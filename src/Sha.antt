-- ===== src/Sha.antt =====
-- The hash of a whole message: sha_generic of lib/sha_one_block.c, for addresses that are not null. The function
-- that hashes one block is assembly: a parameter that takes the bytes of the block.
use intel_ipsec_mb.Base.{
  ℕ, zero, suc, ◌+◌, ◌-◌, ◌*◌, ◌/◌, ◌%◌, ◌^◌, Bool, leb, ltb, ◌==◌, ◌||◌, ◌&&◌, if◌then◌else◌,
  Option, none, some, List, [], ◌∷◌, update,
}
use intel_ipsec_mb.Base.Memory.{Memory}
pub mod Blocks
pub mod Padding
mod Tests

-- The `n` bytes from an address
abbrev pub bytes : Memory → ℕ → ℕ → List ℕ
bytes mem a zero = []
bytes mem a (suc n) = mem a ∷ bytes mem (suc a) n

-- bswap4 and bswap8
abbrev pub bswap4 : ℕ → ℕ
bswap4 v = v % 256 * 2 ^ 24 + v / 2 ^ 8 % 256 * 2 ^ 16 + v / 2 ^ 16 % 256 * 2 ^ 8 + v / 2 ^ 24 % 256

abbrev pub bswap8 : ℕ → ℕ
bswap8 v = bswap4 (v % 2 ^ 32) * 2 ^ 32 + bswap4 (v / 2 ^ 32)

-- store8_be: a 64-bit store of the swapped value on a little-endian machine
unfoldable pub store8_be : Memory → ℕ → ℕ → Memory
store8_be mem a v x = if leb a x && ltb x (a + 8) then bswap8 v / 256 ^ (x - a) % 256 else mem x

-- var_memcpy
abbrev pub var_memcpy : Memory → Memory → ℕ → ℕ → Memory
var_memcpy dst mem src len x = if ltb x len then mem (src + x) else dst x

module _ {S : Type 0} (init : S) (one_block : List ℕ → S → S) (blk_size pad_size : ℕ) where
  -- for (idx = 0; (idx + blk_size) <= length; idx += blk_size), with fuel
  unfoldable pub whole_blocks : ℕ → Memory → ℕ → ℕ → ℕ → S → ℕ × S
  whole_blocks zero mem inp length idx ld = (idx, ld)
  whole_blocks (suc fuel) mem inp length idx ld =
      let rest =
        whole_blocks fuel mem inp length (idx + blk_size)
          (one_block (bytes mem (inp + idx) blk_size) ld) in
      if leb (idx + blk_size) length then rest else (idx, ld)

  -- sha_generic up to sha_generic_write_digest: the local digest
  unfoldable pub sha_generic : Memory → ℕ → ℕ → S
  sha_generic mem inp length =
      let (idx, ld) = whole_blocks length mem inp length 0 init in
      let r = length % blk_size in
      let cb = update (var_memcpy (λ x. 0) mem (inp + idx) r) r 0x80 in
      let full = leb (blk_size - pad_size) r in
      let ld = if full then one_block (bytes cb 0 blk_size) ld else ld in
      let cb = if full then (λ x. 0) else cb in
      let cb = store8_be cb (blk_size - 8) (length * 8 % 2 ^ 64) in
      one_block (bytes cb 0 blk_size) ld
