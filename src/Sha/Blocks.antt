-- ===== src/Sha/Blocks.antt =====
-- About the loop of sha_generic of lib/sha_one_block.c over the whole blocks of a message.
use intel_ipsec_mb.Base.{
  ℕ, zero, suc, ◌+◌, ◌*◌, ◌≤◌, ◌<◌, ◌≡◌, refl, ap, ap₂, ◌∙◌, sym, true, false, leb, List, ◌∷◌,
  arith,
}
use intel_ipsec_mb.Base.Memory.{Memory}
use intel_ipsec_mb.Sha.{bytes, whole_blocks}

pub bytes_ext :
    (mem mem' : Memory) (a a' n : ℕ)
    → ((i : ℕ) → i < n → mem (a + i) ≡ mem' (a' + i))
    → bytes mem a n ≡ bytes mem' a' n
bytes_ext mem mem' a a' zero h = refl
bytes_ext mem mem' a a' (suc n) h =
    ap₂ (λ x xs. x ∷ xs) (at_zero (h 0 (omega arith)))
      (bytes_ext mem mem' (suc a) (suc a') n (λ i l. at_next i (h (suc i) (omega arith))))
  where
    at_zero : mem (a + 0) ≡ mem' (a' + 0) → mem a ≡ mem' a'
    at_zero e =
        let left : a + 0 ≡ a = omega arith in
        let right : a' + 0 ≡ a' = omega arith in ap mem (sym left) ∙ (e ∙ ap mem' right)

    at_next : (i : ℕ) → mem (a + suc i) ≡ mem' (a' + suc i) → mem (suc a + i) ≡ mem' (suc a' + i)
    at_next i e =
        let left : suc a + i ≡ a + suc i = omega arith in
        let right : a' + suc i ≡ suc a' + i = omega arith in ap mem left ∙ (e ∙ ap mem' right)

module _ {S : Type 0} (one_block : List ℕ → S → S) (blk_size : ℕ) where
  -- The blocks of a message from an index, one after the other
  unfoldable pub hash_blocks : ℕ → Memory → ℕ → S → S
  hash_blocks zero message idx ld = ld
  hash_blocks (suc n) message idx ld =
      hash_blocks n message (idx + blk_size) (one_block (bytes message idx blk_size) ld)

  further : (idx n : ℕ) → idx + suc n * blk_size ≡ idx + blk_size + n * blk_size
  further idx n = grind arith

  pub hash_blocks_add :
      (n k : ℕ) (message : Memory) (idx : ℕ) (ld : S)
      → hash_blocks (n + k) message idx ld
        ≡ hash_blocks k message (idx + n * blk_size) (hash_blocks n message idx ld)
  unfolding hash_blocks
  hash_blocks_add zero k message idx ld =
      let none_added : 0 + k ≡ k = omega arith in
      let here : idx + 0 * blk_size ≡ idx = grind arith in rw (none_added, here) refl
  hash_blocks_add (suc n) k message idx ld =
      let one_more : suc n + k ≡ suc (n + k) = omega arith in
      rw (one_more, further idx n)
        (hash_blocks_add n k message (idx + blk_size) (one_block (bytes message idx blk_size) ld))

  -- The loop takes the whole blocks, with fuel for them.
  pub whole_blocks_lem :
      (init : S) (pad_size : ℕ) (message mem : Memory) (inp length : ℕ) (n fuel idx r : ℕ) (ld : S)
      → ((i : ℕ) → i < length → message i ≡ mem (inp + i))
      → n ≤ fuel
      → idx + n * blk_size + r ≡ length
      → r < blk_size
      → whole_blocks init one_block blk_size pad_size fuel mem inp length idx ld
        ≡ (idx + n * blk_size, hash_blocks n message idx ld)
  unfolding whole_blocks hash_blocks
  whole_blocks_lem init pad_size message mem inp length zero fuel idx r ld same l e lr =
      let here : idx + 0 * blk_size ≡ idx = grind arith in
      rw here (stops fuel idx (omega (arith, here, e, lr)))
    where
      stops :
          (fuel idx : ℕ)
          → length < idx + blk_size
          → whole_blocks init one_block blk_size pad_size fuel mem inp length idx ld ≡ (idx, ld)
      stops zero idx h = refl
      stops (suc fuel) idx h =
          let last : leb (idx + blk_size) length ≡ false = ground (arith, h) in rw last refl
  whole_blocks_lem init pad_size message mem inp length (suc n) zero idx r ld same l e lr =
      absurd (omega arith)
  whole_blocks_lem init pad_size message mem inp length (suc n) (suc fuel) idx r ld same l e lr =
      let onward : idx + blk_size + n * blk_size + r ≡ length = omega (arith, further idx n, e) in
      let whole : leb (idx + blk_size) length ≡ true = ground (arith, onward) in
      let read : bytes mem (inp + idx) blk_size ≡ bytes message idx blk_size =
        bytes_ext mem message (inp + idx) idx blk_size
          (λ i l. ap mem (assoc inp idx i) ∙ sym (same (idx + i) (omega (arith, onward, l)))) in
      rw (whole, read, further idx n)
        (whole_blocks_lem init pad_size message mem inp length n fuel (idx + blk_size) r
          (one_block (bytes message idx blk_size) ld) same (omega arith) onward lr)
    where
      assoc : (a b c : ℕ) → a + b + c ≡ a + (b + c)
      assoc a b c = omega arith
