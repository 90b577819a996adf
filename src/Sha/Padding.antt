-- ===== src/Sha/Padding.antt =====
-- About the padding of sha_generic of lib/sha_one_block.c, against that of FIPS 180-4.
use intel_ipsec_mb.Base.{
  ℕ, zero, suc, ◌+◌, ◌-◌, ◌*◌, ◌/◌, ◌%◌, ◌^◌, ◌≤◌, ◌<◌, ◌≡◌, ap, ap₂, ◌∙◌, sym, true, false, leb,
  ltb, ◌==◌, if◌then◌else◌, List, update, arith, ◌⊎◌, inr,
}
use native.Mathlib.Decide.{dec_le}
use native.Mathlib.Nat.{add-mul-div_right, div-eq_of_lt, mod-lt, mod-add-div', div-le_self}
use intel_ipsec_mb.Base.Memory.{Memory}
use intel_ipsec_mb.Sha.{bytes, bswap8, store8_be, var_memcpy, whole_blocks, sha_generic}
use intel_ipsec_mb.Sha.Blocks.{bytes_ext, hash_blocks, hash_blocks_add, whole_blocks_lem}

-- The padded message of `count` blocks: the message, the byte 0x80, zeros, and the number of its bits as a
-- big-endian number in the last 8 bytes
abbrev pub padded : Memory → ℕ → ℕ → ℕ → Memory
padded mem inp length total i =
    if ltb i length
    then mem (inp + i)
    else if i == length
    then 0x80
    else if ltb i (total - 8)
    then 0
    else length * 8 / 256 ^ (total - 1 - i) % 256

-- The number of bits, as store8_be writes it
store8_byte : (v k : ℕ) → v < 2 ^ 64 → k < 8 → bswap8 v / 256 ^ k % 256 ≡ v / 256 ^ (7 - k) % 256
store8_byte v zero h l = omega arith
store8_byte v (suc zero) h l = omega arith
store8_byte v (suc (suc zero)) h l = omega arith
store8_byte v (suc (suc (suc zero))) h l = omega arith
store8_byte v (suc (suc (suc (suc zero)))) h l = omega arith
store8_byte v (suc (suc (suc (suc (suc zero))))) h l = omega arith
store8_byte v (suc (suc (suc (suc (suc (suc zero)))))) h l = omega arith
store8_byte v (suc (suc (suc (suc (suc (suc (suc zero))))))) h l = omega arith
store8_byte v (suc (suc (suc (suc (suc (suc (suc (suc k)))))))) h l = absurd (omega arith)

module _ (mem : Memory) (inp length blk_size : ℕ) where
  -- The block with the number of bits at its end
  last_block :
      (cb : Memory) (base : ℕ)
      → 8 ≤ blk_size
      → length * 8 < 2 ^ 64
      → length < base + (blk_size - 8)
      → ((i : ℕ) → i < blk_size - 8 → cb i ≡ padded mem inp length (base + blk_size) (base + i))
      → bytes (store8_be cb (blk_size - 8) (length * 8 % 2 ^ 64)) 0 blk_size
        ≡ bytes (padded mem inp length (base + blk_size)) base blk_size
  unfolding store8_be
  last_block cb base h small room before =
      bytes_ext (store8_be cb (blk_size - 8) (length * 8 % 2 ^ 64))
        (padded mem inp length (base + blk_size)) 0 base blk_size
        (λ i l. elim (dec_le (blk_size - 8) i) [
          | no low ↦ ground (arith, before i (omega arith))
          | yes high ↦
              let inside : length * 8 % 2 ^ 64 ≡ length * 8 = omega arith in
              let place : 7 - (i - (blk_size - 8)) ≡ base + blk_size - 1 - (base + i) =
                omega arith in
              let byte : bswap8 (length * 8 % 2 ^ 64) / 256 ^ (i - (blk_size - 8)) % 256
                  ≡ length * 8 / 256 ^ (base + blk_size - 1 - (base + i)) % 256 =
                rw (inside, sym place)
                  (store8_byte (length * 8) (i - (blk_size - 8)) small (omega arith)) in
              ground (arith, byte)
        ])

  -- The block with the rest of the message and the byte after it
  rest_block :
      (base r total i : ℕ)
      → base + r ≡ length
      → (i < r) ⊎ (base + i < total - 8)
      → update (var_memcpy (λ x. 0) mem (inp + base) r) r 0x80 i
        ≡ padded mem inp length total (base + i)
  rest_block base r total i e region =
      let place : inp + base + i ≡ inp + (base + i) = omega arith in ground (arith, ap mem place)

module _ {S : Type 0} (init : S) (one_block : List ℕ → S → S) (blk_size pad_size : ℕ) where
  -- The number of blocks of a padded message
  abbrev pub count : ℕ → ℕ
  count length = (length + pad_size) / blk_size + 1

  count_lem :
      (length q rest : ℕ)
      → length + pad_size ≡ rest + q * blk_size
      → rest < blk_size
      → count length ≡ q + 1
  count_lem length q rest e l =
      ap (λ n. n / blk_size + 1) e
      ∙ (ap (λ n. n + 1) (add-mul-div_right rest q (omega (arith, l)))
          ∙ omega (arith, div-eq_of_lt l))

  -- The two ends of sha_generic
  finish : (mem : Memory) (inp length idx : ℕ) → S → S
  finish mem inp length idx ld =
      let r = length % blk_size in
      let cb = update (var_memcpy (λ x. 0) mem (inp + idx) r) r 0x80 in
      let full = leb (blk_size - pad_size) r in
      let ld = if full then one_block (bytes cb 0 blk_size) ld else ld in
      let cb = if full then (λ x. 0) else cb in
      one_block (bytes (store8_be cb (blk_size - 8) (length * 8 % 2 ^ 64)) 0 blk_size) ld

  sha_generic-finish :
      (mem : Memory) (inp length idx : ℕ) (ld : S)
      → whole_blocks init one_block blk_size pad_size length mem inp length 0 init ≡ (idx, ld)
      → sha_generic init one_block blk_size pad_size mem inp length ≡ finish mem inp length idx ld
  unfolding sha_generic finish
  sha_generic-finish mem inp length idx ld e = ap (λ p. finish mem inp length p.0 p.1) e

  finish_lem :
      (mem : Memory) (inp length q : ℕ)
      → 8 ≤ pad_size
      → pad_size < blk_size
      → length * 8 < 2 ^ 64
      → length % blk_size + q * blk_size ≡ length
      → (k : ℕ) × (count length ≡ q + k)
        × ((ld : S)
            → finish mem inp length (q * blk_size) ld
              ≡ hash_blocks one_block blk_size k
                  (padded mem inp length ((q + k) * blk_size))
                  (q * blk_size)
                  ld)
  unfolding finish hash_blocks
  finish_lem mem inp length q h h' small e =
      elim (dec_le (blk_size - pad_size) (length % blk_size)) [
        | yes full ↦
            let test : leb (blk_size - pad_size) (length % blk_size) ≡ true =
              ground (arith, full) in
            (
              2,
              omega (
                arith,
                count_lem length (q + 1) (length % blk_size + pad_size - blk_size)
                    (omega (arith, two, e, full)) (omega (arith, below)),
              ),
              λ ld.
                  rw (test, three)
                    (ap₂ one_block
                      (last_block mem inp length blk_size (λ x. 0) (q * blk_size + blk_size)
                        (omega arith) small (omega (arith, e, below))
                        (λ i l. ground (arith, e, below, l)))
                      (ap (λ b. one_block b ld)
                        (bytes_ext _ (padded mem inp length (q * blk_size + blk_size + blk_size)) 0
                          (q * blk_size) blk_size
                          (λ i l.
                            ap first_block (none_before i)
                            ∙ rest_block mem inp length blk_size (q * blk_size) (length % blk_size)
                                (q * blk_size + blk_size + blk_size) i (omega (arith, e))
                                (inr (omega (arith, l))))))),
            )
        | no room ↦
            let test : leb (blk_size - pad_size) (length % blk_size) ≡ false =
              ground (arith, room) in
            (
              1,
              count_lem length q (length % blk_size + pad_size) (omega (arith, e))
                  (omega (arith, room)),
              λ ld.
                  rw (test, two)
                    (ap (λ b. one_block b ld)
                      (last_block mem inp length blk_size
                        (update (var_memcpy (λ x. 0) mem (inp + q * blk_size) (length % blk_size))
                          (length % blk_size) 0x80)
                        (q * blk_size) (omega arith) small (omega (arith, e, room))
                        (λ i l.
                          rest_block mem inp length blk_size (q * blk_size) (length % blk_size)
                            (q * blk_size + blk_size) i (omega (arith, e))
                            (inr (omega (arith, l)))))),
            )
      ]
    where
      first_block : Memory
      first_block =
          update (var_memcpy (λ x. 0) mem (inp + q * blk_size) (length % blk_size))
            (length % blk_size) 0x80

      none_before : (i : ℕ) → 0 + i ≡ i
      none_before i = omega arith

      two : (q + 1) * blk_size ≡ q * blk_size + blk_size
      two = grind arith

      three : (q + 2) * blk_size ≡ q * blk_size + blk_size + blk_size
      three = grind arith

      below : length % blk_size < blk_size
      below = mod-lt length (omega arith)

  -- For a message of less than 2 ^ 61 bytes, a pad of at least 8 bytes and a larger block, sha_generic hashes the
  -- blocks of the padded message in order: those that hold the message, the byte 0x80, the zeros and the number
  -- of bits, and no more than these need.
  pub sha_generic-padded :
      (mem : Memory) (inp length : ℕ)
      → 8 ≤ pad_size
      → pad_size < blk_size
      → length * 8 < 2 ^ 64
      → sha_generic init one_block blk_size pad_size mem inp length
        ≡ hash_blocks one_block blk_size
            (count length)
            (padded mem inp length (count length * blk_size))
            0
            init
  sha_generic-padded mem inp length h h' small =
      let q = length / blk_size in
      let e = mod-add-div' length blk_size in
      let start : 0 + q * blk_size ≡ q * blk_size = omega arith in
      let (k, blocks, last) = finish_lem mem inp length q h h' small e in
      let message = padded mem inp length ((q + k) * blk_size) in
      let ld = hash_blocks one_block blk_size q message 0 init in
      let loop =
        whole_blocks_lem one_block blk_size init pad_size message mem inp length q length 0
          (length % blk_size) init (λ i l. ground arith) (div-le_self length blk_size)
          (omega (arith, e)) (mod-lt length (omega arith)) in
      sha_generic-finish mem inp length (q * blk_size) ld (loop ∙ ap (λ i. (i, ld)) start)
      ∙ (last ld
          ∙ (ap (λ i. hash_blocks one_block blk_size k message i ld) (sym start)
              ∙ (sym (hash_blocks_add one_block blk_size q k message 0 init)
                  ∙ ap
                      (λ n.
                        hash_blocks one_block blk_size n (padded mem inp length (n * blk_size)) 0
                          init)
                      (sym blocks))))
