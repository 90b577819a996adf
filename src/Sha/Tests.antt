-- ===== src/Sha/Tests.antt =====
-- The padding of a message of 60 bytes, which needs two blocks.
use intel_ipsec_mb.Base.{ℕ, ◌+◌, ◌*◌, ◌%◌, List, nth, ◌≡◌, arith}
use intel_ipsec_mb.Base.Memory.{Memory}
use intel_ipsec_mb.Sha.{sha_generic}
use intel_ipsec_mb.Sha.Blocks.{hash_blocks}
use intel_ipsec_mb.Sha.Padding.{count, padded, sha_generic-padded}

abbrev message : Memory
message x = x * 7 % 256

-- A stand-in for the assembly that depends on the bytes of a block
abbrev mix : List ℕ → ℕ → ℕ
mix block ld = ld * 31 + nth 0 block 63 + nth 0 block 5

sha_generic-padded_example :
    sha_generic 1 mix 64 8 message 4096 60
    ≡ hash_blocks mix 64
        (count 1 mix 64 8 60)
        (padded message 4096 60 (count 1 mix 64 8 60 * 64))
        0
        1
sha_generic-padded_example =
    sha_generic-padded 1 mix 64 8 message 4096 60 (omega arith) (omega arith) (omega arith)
_ _ _ _ _ _ _
### About this exercise
Across the entries above, count the lines with the word "total" and report that count by itself.

### Your response
7